Awal 1970-an, di era Orde Baru (Orba) konsolidasi politik Presiden Soeharto digenjot habis. Panggung politik Orba dilatari “bangkai dan bau darah korban G30-S” membungkus Soeharto dengan semacam kharisma ketakutan massa. Fungsi panglima tertinggi dimainkan efektif sehingga ia sepenuhnya mengontrol-kendalikan TNI dan Polri. Partai-partai politik (parpol) dibonsai menjadi hanya 3 (tepatnya, dalam sebutan Soeharto hanya dua parpol dan Sekretariat Bersama Golongan Kekaryaan). Itu pun, dua yang disebut parpol itu seperti diikat dengan rantai kendali yang hanya bergerak menurut kemauan penguasa. 

 Meski satunya yang esensinya adalah  “parpol plus plus” bergerak bebas, tetapi remote control-nya digenggaman Dewan Pembina, yaitu Presiden.  Setelah peristiwa Malari (Malapetaka Limabelas Januari) 1974, konsolidasi politik Soeharto makin gencar. Seruan back to kampus mengamputasi atau mengkanalisasi gerakan massa mahasiswa dan kaum intelektual sebagai kekuatan utama penggerak parlemen jalanan ke kandang. Gerak massa jadi beku.

Konsolidasi politik Orba terbilang sangat sukses tetapi bersifat apolitis. Ia semata-mata hanyalah pelebaran dari ruang private penguasa. Bahasa kekuasaan dan penaklukan sangat kental. Tentara, Kepolisian, Legislatif, Yudikatif, bahkan pengusaha semuanya didalam genggaman penguasa. Tidak ada yang berbicara atau bergerak diluar kehendak penguasa. Soeharto secara cemerlang memperkuat posisi negara. Tetapi di sisi lain mengamputasi sama sekali civil society. Penyeragaman kosa kata politik dikawal dan diawasi ketat. Sampai-sampai ada gurauan, “bila Soeharto masuk dalam sebuah ruang pertemuan dan terdengar seseorang batuk, akan diinvestigasi apakah batuknya itu politis atau memang murni gangguan kesehatan.” 

Kalau politis (dalam pandangan penguasa), akan diamankan. Frase “diamankan” tentu bersifat sarkastis, yang artinya justru membuat tidak aman. “Batuk” hanyalah metafora untuk menjelaskan akibat yang timbul bila muncul dinamika diluar kontrol penguasa. Soeharto jelas menciptakan sistem pemerintahan otoriter/totaliter yang merepresentasi penaklukan total negara atas civil society.

Maka, tidak heran kalau akhirnya memuncak pada gerakan massa besar-besaran tahun 1998 yang berhasil memaksa Soeharto mengundurkan diri.
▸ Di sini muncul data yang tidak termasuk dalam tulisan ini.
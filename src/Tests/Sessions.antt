-- ===== src/Tests/Sessions.antt =====
-- A refresh token that two requests rotate.
use order_lifecycle_backend.Prelude.{◌+◌, ◌≡◌, refl, false, [], ◌∷◌, arith}
use order_lifecycle_backend.Auth.{
  UserAccount, user, RefreshToken, AuthState, Crypto, ok, err, unauthorized, claim_and_issue,
  claim_token, issue_tokens, create_refresh_token,
}
use order_lifecycle_backend.Auth.Rotation.{live_in_family, rotation_twice}

abbrev pub crypto : Crypto
crypto = record {
  sha256 = λ n. n + 1000;
  random_bytes = λ n. n + 50;
  random_uuid = λ n. n + 100;
  sign = λ id role. id;
}

abbrev pub account : UserAccount
account = record {
  id = 7;
  email = 11;
  password = 1012;
  role = user;
  disabled = false;
  created_at = 5;
}

abbrev token : RefreshToken
token = record {
  id = 3;
  user_id = 7;
  family_id = 4;
  token_hash = 1003;
  expires_at = 90;
  revoked = false;
}

abbrev pub start : AuthState
start = record { users = account ∷ []; tokens = token ∷ []; drawn = 0; now = 50 }

abbrev rotated : AuthState
rotated = (claim_and_issue crypto 7 token account start).1

rotates :
    claim_and_issue crypto 7 token account start
    ≡ (ok (record { access_token = 7; refresh_token = 50 }), rotated)
unfolding claim_and_issue claim_token issue_tokens create_refresh_token
rotates = refl

rotation_twice_example :
    ((claim_and_issue crypto 7 token account rotated).0 ≡ err unauthorized)
    × (live_in_family 4 (claim_and_issue crypto 7 token account rotated).1.tokens ≡ 0)
rotation_twice_example =
    rotation_twice crypto 7 token account account (record { access_token = 7; refresh_token = 50 })
      start rotated (λ n. omega arith) rotates
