-- ===== src/Tests/Accounts.antt =====
-- An account that registers, logs in, is refreshed and disabled.
use order_lifecycle_backend.Prelude.{
  ℕ, suc, ◌+◌, ◌-◌, ◌≡◌, ◌<◌, refl, true, false, ◌==◌, leb, if◌then◌else◌, none, some, List, [],
  ◌∷◌, arith, find, find_by, every,
}
use order_lifecycle_backend.Auth.{
  user, UserAccount, RefreshToken, AuthState, TokenPair, ok, account_key, rotate, rotate_read,
  claim_and_issue, claim_token, issue_tokens, create_refresh_token, disable_user, set_disabled,
}
use order_lifecycle_backend.Auth.Accounts.{
  Strings, login, register, save_account, insert_user, new_account, normalize_email,
}
use order_lifecycle_backend.Auth.Accounts.Access.{login-register, rotate_issued}
use order_lifecycle_backend.Auth.Calls.{
  AuthCall, registering, logging_in, seeding, refreshing, disabling, run,
}
use order_lifecycle_backend.Auth.Calls.Lockout.{is_locked, tokens_of}
use order_lifecycle_backend.Auth.Calls.Lasting.{disable_user-lasts}
use order_lifecycle_backend.Auth.Http.{CookieConfig, Cookie, Answer, refresh_route}
use order_lifecycle_backend.Auth.Http.Cookies.{IsBacked, refresh_route-cookie}
use order_lifecycle_backend.Tests.Sessions.{crypto, account, start}

-- Hashes are passwords plus 1000, and the spellings from 100 on stand for upper case.
abbrev strings : Strings
strings = record {
  compare = λ password hash. hash == password + 1000;
  hash = λ salt rounds password. password + 1000;
  trim = λ n. n;
  to_lower_case = λ n. if leb 100 n then n - 100 else n;
  dummy_password_hash = 0;
}

abbrev newcomer : UserAccount
newcomer = record {
  id = 101;
  email = 20;
  password = 1030;
  role = user;
  disabled = false;
  created_at = 50;
}

abbrev registered : AuthState
registered = (register crypto strings 20 30 start).1

registers : register crypto strings 20 30 start ≡ (ok newcomer, registered)
unfolding register save_account insert_user new_account normalize_email
registers = refl

same_spelling : normalize_email strings 120 ≡ normalize_email strings 20
unfolding normalize_email
same_spelling = refl

compares : (salt password : ℕ) → ((password + 1000) == (password + 1000)) ≡ true
compares salt password = ground arith

login-register_example :
    (login crypto strings 7 120 30 registered).0
    ≡ ok (record {
      access_token = crypto.sign newcomer.id newcomer.role;
      refresh_token = crypto.random_bytes (suc registered.drawn);
    })
login-register_example =
    login-register crypto strings 7 compares 20 120 30 newcomer start registered registers
      same_spelling

abbrev pair : TokenPair
pair = record { access_token = 7; refresh_token = 50 }

abbrev refreshed : AuthState
refreshed = (rotate crypto 7 3 start).1

rotates : rotate crypto 7 3 start ≡ (ok pair, refreshed)
unfolding rotate rotate_read claim_and_issue claim_token issue_tokens create_refresh_token
rotates = refl

rotate_issued_example :
    (t : RefreshToken) × (u : UserAccount) × (find (λ r. r.token_hash == 1003) start.tokens
      ≡ some t)
    × (t.revoked ≡ false)
    × (start.now < t.expires_at)
    × (find_by account_key t.user_id start.users ≡ some u)
    × (u.disabled ≡ false)
    × (pair.access_token ≡ crypto.sign u.id u.role)
rotate_issued_example = rotate_issued crypto 7 3 pair start refreshed rotates

abbrev locked : AuthState
locked = (disable_user 7 start).1

disables : disable_user 7 start ≡ (ok (record account { disabled = true }), locked)
unfolding disable_user set_disabled
disables = refl

abbrev requests : List AuthCall
requests = logging_in 11 12 ∷ refreshing 3 ∷ registering 40 30 ∷ seeding 140 30 ∷ disabling 101 ∷ []

disable_user-lasts_example :
    (every (is_locked 7) (run crypto strings 7 requests locked).users ≡ true)
    × (tokens_of 7 (run crypto strings 7 requests locked) ≡ tokens_of 7 start)
disable_user-lasts_example =
    disable_user-lasts crypto strings 7 7 (λ n. omega arith) (record account { disabled = true })
      start locked disables requests refl

abbrev config : CookieConfig
config = record { refresh_expires_in_days = none; cookie_samesite = none; is_production = true }

abbrev answer : Answer
answer = (refresh_route crypto config (some 3) start).0

abbrev after_refresh : AuthState
after_refresh = (refresh_route crypto config (some 3) start).1

answers : answer.body ≡ ok 7
unfolding refresh_route rotate rotate_read claim_and_issue claim_token issue_tokens
    create_refresh_token
answers = refl

refresh_route-cookie_example :
    (cookie : Cookie) × (answer.cookie ≡ some cookie)
    × (cookie.options.http_only ≡ true)
    × IsBacked crypto cookie.token cookie.options.max_age after_refresh
refresh_route-cookie_example =
    refresh_route-cookie crypto config 3 start after_refresh answer refl 7 answers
Endapan-endapan emosi massa yang berpencaran dan tercabik-cabik menggumpal lalu meledak dan melahirkan rezim baru, yaitu orde reformasi. Euforia reformasi tumpah ruah dan hampir menenggelamkan negara. Tarik menarik kepentingan, teriakan riuh dan rusuh membaur. Tokoh dan massa tidak beda, politisi dan korupsi membaur, menyebar ke seluruh organ birokrasi dan lembaga negara. Kebebasan membuncah kebablasan dan liar. Negara banyak kali kehilangan kendali, juga absen dalam banyak sektor kehidupan masyarakat, sementara para elit banyak yang hanya sibuk memperkaya diri. Tegangan Civil Society menjadi terlalu kuat hingga mengatasi negara, menciptakan ketidakseimbangan baru dari totalitarianisme (di era Orba) ke Anarkisme. Sebuah kegagalan lagi membangun ruang publik berkeadaban.

Di era kepemimpinan Soesilo Bambang Yudhoyon (SBY), yang muncul sebagai Presiden pertama pilihan rakyat dengan dukungan pemilih 60-an% (dipilih hampir 70 juta pemilih), sebenarnya penguasa mengantongi modal politik yang amat kuat untuk memperbesar kekuatan state. Namun, SBY terkesan tak mampu mengelola modal potensil (di tingkat massa) tersebut, juga gagal mengkonsolidasi kekuatan-kekuatan politik di tingkat elit. Koalisi pemerintah yang dibangunya compang camping, anggotanya tak kompak dan saling sikut mempreteli. Tidak heran bila dalam kepemimpinannya ia sempat disebut “auto pilot,” seolah negara tidak ada pemimpin. Negara terlihat mati lemas dihadapan euforia kekuatan massa yang mengganas.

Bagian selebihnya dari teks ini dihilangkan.